季明远笑了笑,又问:“这些年都去哪里找过?”
“那去的地方可多了,要不是俺当家的生病,这会儿你可见不到我们。”
“本来今年计划去广西那边看看的,有老乡去那里做过工,说好像看到一个娃儿,跟我家的有点像。我想着去看看,但当家的身体不好,就搁置咯。”
“太大了,中国太大了,到死我怕是也跑不完。”
魏亚萍一摆手,语气还是那样轻飘,甚至仿佛还带着一丝笑意。但从她的眼睛里,还是能看得出埋藏在内心深处的痛,那是瞒不过人的。
“现在网络这么发达,可以试试在网上发帖。如果不会的话,我可以帮您!”
许佳宁还是没忍住,插了句话。
“有的,都有的。这些小秦他以前的同事都有帮着弄。”魏亚萍平和地笑,凝视许佳宁久了,眸色渐渐亮了些许,“要是我娃没有走丢,怕是要跟你一般大啰,说不定还谈女朋友了。”
许佳宁:“……”
许佳宁想说些什么,但末了,只是轻轻一笑。
此时无声胜有声。
又谈了近半个小时,见窦涛身体快顶不住了,一行人起身告辞。
“要走哇?”魏亚萍起身相送,“再坐一会儿吧。”
“不了,快让大哥回屋休息吧,我们改天再来。这是我的联系方式,有需要帮忙的,尽管找我。”季明远说道,递过去一张名片。

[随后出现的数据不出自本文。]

-- ===== src/Libdns/Names.antt =====
-- makeRecord, FqdnRec, Fqdn, UnFqdn and Unquote of pkg/provider/libdns/libdns.go. AbsoluteName is
-- that of package libdns.
use k8s_dns_manager.Prelude.{
  ℕ, ◌*◌, Bool, not, ◌||◌, List, [], ◌∷◌, ◌++◌, Text, false, codes, text_eq, ◌==◌, if◌then◌else◌,
}
use k8s_dns_manager.GoStrings.{
  has_suffix, trim_suffix, trim_left, trim_right, trim_space, replace, join, decimal,
}
use k8s_dns_manager.Deps.{Deps, Rr, Rdata}
use k8s_dns_manager.Libdns.{LibRecord}

abbrev second : ℕ
second = 1000000000

unfoldable pub un_fqdn : Text → Text
un_fqdn name = trim_suffix name (codes ".")

abbrev is_quote : ℕ → Bool
is_quote c = c == b'"'

unfoldable pub unquote : Text → Text
unquote name = trim_right is_quote (trim_left is_quote (trim_space name))

abbrev pub is_one_of : Text → List Text → Bool
is_one_of s [] = false
is_one_of s (t ∷ ts) = text_eq s t || is_one_of s ts

module _ (deps : Deps) where
  -- The value of a record: the type switch of `makeRecord`.
  record_value : Rdata → Text
  record_value (Rdata.a ip) = deps.ip_string ip
  record_value (Rdata.aaaa ip) = deps.ip_string ip
  record_value (Rdata.cname target) = target
  record_value (Rdata.mx preference target) = decimal preference ++ (codes " " ++ target)
  record_value (Rdata.ns target) = target
  record_value (Rdata.srv priority weight port target) =
      decimal priority
      ++ (codes " " ++ (decimal weight ++ (codes " " ++ (decimal port ++ (codes " " ++ target)))))
  record_value (Rdata.txt targets) = join targets []
  record_value _ = []

  unfoldable pub make_record : Rr → Text → Text → LibRecord
  unfolding record_value
  make_record rr zone id = record {
    id = id;
    rtype = deps.type_to_string rr.header.rrtype;
    name = rr.header.name;
    value = record_value rr.rdata;
    ttl = rr.header.ttl * second;
  }

module _ (deps : Deps) (absolute_name : Text → Text → Text) where
  unfoldable pub fqdn : Text → Text → Text
  unfolding un_fqdn
  fqdn name zone =
      if has_suffix name (un_fqdn zone)
      then deps.fqdn name
      else if not (has_suffix name (deps.fqdn zone))
      then absolute_name name zone
      else name

  unfoldable pub fqdn_value : Text → Text → Text → Text
  fqdn_value rtype value zone =
      if is_one_of rtype (codes "A" ∷ codes "AAAA" ∷ codes "TXT" ∷ [])
      then unquote (replace value (codes "\" \"") [])
      else if is_one_of rtype (codes "CNAME" ∷ codes "MX" ∷ codes "NS" ∷ codes "SRV" ∷ [])
      then unquote (fqdn value zone)
      else value

  unfoldable pub fqdn_rec : LibRecord → Text → LibRecord
  unfolding fqdn_value
  fqdn_rec rec zone = record rec {
    name = fqdn rec.name zone;
    value = fqdn_value rec.rtype rec.value zone;
  }
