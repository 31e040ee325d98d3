-- ===== src/Libdns/Provider.antt =====
-- `Reconcile` of pkg/provider/libdns/libdns.go, for the provider of a name. It returns what the
-- controller sees, with the changed record, and the calls of the client.
pub mod Ownership
pub mod Outcomes
pub mod Failures
pub mod Store
pub mod Stable
pub mod Contents
pub mod Repeats
use k8s_dns_manager.Prelude.{
  ℕ, Bool, true, false, not, ◌&&◌, ◌||◌, Option, none, some, List, [], ◌∷◌, Text, codes, Error,
  malformed_name, record_already_exists, expected_one_record, Result, ok, err, length, ltb, ◌==◌,
  is_some, text_eq, if◌then◌else◌,
}
use k8s_dns_manager.GoStrings.{to_lower, contains, join}
use k8s_dns_manager.Deps.{Deps, Rr}
use k8s_dns_manager.Api.{DnsRecordStatus, DnsRecord}
use k8s_dns_manager.Record.{to_rr}
use k8s_dns_manager.Errors.{error_text}
use k8s_dns_manager.Controllers.{Outcome, done, failed, Reconciled}
use k8s_dns_manager.Libdns.{
  LibRecord, ClientCall, get_records, append_records, delete_records, Client,
}
use k8s_dns_manager.Libdns.Names.{make_record, fqdn, fqdn_rec}

-- What the type `prov` holds, with AbsoluteName of package libdns.
pub record Prov : Type 0 where
  pub name : Text
  pub client : Client
  pub absolute_name : Text → Text → Text

abbrev pub Answer : Type 0
Answer = Reconciled × List ClientCall

abbrev pub refuse : DnsRecord → Error → Reconciled
refuse rec e = record { outcome = failed e; ok = false; changed = rec }

abbrev pub refused_by : DnsRecord → Option Error → Reconciled
refused_by rec e = record {
  outcome = record { requeue_after = none; error = e };
  ok = false;
  changed = rec;
}

abbrev pub accept : DnsRecord → Reconciled
accept rec = record { outcome = done; ok = true; changed = rec }

-- `rec.Status.Provider = p; rec.Status.ID = id`
abbrev pub with_status : DnsRecord → Text → Text → DnsRecord
with_status rec provider id = record rec {
  status = record rec.status { provider = provider; id = id };
}

-- The first record of the id.
unfoldable pub find_id : Text → List LibRecord → Option LibRecord
find_id id [] = none
find_id id (v ∷ vs) = if text_eq v.id id then some v else find_id id vs

-- The record is marked for deletion, or deactivated.
unfoldable pub is_unwanted : DnsRecord → Bool
is_unwanted rec =
    is_some rec.metadata.deletion_timestamp
    || (elim rec.spec.active [ none ↦ false | some b ↦ not b ])

-- An error of GetRecords ends the reconciliation unless it says "not found" or there is no id yet.
unfoldable pub is_fatal : Option Error → Text → Bool
is_fatal none id = false
is_fatal (some e) id =
    not (contains (to_lower (error_text e)) (codes "not found")) && not (text_eq id [])

module _ (deps : Deps) (p : Prov) where
  -- The first record that already says what is wanted.
  unfoldable pub find_same : LibRecord → Text → List LibRecord → Option LibRecord
  find_same want zone [] = none
  find_same want zone (v ∷ vs) =
      if text_eq (fqdn deps p.absolute_name v.name zone) want.name
        && text_eq v.rtype want.rtype
        && text_eq v.value want.value
      then some v
      else find_same want zone vs

  abbrev pub same_record : LibRecord → LibRecord → Bool
  same_record r want =
      text_eq r.name want.name
      && text_eq r.value want.value
      && text_eq r.rtype want.rtype
      && (r.ttl == want.ttl)

  -- The answer of AppendRecords.
  appended : DnsRecord → Result (List LibRecord) → Reconciled
  appended rec (err e) = refuse rec e
  appended rec (ok (r ∷ [])) = accept (with_status rec p.name r.id)
  appended rec (ok rs) = refuse rec (expected_one_record (length rs))

  append : DnsRecord → Text → LibRecord → List ClientCall → Answer
  append rec zone want log =
      (appended rec (p.client.on_append log zone want), append_records zone want ∷ log)

  removed : DnsRecord → Option Error → Reconciled
  removed rec (some e) = refuse rec e
  removed rec none = accept (with_status rec [] [])

  remove : DnsRecord → Text → Option LibRecord → List ClientCall → Answer
  remove rec zone none log = (accept (with_status rec [] []), log)
  remove rec zone (some r) log =
      (removed rec (p.client.on_delete log zone r), delete_records zone r ∷ log)

  -- There is no record of the id: one is created unless its like exists.
  create : DnsRecord → Text → LibRecord → Option LibRecord → List ClientCall → Answer
  create rec zone want (some v) log = (refuse rec (record_already_exists v.name), log)
  create rec zone want none log = append rec zone want log

  recreate : DnsRecord → Text → LibRecord → Option Error → List ClientCall → Answer
  recreate rec zone want (some e) log = (refuse rec e, log)
  recreate rec zone want none log = append rec zone want log

  -- There is a record of the id, `r` with its names made absolute.
  update : DnsRecord → Text → LibRecord → LibRecord → List ClientCall → Answer
  update rec zone want r log =
      if same_record r want
      then (accept rec, log)
      else recreate rec zone want (p.client.on_delete log zone r) (delete_records zone r ∷ log)

  ensure :
      DnsRecord → Text → LibRecord → List LibRecord → Option LibRecord → List ClientCall → Answer
  ensure rec zone want recs none log = create rec zone want (find_same want zone recs) log
  ensure rec zone want recs (some r) log =
      update rec zone want (fqdn_rec deps p.absolute_name r zone) log

  pub listed : DnsRecord → Rr → Text → List LibRecord → Option Error → List ClientCall → Answer
  listed rec rr zone recs e log =
      if is_fatal e rec.status.id
      then (refused_by rec e, log)
      else if is_unwanted rec
      then remove rec zone (find_id rec.status.id recs) log
      else ensure rec zone (make_record deps rr zone rec.status.id) recs
          (find_id rec.status.id recs) log

  in_domain : DnsRecord → Rr → Result Text → Answer
  in_domain rec rr (err e) = (refuse rec e, [])
  in_domain rec rr (ok d) =
      let zone = deps.fqdn d in
      listed rec rr zone (p.client.on_get [] zone).0 (p.client.on_get [] zone).1
        (get_records zone ∷ [])

  converted : DnsRecord → Result Rr → Answer
  converted rec (err e) = (refuse rec e, [])
  converted rec (ok rr) =
      let parts = deps.split_domain_name rr.header.name in
      if ltb (length parts) 2
      then (refuse rec (malformed_name rr.header.name), [])
      else in_domain rec rr (deps.domain (join parts (codes ".")))

  unfoldable pub reconcile : DnsRecord → Answer
  unfolding converted in_domain listed ensure update recreate create remove removed append appended
  reconcile rec =
      if not (text_eq rec.status.provider []) && not (text_eq rec.status.provider p.name)
      then (record { outcome = done; ok = false; changed = rec }, [])
      else converted rec (to_rr deps rec)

魏亚萍接过,自始至终都爽朗无比的她,居然露出一副欲言又止的表情。
“怎么?”季明远见状问道。
魏亚萍没说话,跟丈夫对视了一眼,见他点了点头,才说:“季教授,不麻烦的话,我确实想让你帮个忙。”
“我想让你帮我找个人,不过不是我娃,而是——他。”
魏亚萍指了一下,众人顺着同一个方向看去,发现正是照片上那个让许佳宁和季明远都感到不对的男孩儿。原来,那不是窦涛夫妇的孩子?